• [EXERCISE OBJECTIVE]
Of all the lines in the entries below, give again exactly those starting at the line containing "unfolding report_native" and ending at the line containing "(o : Option OperationAuthority) (b", both ends included, and no others.

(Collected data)
━━━━━━━━━━━━━━━━
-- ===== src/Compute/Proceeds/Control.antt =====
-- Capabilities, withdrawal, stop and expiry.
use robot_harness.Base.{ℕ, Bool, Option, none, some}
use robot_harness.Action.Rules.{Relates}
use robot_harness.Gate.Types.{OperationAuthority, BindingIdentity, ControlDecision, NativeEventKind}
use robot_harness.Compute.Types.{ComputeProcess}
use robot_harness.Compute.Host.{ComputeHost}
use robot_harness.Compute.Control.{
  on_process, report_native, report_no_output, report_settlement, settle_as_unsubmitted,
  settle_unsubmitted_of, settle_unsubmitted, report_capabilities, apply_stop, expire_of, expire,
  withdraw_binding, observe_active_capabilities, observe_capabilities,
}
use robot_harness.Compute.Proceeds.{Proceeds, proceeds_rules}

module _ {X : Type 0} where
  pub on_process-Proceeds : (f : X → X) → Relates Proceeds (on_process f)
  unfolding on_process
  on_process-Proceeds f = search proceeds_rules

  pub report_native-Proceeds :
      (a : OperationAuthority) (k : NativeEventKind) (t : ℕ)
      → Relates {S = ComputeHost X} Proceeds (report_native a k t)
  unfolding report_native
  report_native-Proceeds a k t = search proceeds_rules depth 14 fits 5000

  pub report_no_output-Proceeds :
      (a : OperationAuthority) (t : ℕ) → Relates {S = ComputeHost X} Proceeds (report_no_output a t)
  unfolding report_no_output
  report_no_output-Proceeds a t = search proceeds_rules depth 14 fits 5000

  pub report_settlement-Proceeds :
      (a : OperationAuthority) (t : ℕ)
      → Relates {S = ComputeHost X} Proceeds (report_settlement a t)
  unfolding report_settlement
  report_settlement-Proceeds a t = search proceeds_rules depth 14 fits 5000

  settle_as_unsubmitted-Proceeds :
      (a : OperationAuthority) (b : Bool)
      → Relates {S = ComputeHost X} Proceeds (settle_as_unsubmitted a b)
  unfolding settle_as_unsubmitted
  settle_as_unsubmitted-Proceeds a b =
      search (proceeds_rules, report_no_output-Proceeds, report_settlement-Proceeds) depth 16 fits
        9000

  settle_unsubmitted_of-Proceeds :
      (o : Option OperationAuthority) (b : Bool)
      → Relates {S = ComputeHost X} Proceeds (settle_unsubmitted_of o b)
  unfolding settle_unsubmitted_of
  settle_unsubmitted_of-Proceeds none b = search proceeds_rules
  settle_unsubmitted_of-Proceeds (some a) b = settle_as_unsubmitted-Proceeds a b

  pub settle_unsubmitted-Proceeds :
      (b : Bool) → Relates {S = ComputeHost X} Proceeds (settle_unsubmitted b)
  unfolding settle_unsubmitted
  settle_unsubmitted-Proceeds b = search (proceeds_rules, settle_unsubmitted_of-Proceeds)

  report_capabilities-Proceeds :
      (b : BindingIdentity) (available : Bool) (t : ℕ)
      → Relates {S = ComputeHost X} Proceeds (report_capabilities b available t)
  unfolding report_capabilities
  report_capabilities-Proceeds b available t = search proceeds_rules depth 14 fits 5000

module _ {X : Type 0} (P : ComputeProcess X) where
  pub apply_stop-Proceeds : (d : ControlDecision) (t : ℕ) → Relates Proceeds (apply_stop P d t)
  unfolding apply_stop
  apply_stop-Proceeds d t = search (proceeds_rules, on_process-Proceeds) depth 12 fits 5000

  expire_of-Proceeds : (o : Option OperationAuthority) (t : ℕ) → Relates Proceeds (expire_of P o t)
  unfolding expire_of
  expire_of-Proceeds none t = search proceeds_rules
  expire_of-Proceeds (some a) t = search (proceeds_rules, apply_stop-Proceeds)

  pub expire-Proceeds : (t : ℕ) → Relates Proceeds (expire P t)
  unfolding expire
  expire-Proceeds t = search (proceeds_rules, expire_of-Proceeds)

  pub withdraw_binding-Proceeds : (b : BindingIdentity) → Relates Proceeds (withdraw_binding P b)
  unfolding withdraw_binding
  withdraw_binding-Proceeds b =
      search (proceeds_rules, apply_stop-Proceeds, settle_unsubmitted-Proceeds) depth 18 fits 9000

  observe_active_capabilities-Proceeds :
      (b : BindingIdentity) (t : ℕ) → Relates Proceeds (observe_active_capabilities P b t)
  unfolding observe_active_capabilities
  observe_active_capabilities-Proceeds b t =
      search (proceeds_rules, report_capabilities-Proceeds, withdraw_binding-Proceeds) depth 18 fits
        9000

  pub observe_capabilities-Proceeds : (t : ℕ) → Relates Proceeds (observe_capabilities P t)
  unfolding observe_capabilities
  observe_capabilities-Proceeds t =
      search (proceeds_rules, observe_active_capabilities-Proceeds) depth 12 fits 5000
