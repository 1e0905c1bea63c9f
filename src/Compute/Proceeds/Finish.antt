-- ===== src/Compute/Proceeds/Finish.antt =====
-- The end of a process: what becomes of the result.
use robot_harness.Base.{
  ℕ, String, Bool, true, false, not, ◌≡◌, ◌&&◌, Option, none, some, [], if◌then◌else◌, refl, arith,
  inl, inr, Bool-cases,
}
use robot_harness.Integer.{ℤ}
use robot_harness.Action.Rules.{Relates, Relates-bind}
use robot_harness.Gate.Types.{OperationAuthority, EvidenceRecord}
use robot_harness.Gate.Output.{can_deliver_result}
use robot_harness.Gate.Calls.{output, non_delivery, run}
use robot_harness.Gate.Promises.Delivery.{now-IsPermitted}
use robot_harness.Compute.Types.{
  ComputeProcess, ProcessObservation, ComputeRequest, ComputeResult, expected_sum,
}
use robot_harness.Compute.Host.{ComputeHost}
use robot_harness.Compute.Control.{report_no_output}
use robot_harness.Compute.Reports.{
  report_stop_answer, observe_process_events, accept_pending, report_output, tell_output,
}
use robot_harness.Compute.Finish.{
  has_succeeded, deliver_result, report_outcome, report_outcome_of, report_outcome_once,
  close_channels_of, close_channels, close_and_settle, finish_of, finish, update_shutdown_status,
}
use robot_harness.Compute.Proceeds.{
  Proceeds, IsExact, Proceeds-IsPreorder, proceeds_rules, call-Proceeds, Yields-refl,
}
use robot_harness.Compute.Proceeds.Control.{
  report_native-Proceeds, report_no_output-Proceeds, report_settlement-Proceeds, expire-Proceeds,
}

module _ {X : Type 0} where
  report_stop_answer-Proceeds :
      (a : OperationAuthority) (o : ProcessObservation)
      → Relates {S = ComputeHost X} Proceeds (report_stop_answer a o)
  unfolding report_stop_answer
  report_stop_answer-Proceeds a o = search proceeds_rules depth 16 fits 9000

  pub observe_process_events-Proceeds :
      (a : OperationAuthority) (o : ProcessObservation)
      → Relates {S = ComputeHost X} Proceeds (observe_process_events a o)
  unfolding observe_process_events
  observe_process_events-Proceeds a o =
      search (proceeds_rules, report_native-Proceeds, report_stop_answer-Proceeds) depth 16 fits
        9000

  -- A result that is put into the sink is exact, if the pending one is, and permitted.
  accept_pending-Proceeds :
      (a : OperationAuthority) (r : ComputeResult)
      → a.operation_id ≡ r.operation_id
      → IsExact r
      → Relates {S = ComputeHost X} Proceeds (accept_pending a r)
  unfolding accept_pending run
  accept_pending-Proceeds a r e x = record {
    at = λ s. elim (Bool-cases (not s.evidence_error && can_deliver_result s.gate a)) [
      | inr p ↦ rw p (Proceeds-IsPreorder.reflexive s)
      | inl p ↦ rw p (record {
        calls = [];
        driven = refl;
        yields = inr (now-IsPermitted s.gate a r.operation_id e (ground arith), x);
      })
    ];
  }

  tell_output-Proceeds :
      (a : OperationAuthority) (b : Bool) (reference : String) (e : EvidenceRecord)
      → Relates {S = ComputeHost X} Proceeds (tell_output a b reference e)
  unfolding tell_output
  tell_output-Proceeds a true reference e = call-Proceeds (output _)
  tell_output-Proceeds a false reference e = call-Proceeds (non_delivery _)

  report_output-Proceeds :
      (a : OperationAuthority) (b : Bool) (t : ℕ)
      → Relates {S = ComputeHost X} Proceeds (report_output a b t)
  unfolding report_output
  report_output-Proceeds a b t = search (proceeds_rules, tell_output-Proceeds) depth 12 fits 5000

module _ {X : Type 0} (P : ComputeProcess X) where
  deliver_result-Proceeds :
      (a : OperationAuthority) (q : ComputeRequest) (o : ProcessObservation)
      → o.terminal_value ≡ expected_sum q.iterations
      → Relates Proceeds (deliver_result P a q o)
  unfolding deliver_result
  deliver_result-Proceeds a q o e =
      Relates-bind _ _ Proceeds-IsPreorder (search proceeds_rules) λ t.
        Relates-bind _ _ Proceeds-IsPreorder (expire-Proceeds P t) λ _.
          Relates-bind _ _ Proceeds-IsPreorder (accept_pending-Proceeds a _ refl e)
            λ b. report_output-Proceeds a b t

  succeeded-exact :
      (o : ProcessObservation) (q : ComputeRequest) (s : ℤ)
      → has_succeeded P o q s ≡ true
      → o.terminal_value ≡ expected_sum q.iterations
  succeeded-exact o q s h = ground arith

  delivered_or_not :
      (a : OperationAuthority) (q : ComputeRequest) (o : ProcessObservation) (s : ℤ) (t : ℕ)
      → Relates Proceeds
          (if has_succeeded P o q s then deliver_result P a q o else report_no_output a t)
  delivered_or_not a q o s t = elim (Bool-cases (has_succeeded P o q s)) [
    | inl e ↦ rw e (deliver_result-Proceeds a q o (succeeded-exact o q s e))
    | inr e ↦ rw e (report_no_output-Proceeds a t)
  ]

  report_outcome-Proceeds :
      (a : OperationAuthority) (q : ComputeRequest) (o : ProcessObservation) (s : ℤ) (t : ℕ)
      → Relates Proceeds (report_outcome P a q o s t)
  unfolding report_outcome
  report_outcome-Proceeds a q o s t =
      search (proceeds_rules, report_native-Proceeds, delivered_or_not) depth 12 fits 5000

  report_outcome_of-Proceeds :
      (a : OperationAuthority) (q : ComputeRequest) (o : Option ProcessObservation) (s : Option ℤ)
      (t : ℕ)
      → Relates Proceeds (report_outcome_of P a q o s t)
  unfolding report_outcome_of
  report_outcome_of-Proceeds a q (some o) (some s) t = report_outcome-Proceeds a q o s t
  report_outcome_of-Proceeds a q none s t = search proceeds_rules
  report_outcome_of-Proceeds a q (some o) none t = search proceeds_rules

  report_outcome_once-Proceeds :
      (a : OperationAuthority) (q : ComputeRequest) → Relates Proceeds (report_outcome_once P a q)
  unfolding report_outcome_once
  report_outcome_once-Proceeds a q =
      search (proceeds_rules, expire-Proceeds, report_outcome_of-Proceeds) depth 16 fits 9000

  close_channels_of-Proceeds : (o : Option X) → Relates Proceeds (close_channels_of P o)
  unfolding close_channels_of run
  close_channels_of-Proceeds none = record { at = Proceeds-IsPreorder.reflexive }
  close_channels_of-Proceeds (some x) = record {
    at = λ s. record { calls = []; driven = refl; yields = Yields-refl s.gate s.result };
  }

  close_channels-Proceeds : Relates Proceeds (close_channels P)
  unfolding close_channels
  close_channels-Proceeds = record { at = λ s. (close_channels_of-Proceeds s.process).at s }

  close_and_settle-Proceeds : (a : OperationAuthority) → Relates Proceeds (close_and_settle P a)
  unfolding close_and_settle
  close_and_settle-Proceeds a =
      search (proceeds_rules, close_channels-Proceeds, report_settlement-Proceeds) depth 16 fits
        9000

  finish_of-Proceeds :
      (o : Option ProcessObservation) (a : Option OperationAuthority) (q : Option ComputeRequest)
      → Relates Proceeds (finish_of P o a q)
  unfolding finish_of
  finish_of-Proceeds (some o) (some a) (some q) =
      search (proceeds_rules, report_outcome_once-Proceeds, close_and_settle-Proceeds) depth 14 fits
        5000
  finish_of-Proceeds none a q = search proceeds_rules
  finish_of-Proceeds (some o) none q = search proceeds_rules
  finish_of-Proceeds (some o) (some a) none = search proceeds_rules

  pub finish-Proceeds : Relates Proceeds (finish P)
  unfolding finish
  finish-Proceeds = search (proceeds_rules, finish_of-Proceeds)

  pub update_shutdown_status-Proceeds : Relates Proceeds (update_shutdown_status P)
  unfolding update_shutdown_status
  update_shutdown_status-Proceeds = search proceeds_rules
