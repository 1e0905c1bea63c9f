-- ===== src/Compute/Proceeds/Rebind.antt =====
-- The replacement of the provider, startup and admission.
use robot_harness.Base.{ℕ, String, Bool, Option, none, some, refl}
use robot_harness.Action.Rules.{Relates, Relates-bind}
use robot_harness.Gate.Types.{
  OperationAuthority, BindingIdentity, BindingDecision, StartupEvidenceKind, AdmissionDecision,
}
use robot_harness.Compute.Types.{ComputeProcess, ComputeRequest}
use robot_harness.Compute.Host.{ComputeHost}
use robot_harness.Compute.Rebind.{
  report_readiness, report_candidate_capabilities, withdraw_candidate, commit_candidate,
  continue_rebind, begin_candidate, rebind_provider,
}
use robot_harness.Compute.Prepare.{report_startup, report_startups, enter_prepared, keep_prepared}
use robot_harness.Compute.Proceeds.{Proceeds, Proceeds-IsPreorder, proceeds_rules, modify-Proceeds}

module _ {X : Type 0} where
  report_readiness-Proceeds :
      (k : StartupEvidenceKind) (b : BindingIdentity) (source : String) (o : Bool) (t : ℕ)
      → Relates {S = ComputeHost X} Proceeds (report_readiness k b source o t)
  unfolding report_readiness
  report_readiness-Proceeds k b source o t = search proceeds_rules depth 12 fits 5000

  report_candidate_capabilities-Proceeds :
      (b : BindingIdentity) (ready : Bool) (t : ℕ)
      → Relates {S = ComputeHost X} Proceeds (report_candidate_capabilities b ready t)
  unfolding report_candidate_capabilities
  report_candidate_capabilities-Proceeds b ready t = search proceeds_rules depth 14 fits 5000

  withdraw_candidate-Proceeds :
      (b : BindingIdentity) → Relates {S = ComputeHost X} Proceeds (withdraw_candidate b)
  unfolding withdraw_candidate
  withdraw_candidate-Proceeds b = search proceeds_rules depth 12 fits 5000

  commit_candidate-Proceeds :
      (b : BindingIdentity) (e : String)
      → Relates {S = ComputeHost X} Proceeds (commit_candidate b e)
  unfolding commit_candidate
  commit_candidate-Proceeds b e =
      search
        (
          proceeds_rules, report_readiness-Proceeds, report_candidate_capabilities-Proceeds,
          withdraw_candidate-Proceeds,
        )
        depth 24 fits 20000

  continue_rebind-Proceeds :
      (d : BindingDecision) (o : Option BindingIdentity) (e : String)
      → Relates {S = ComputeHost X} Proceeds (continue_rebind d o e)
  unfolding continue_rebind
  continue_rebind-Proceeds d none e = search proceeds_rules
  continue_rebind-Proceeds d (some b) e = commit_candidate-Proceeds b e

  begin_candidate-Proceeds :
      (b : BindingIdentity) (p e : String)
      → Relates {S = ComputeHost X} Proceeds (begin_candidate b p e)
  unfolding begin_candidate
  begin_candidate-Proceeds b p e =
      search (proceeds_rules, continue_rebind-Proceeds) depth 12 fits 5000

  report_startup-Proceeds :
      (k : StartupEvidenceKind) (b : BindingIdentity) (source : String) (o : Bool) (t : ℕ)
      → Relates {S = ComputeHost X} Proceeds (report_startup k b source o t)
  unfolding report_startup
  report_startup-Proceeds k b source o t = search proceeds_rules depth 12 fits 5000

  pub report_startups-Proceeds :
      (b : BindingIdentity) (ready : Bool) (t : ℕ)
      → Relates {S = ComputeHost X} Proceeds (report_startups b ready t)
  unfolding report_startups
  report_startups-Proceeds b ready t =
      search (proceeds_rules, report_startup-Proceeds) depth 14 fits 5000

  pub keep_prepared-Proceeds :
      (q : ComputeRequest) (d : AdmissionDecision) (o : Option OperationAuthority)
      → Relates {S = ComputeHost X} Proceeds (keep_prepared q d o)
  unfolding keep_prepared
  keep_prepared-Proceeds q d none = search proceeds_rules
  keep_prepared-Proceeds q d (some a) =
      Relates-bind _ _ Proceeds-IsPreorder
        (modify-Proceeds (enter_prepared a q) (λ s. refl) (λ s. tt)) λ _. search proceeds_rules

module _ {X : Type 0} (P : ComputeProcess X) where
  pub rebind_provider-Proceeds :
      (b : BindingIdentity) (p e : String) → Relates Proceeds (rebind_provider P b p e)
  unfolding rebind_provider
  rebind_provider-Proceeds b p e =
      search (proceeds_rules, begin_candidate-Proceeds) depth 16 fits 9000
━━━━━━━━━━━━━━━━
• [ANSWER BELOW]
  unfolding report_native
  report_native-Proceeds a k t = search proceeds_rules depth 14 fits 5000

  pub report_no_output-Proceeds :
      (a : OperationAuthority) (t : ℕ) → Relates {S = ComputeHost X} Proceeds (report_no_output a t)
  unfolding report_no_output
  report_no_output-Proceeds a t = search proceeds_rules depth 14 fits 5000

  pub report_settlement-Proceeds :
      (a : OperationAuthority) (t : ℕ)
      → Relates {S = ComputeHost X} Proceeds (report_settlement a t)
  unfolding report_settlement
  report_settlement-Proceeds a t = search proceeds_rules depth 14 fits 5000

  settle_as_unsubmitted-Proceeds :
      (a : OperationAuthority) (b : Bool)
      → Relates {S = ComputeHost X} Proceeds (settle_as_unsubmitted a b)
  unfolding settle_as_unsubmitted
  settle_as_unsubmitted-Proceeds a b =
      search (proceeds_rules, report_no_output-Proceeds, report_settlement-Proceeds) depth 16 fits
        9000

  settle_unsubmitted_of-Proceeds :
      (o : Option OperationAuthority) (b : Bool)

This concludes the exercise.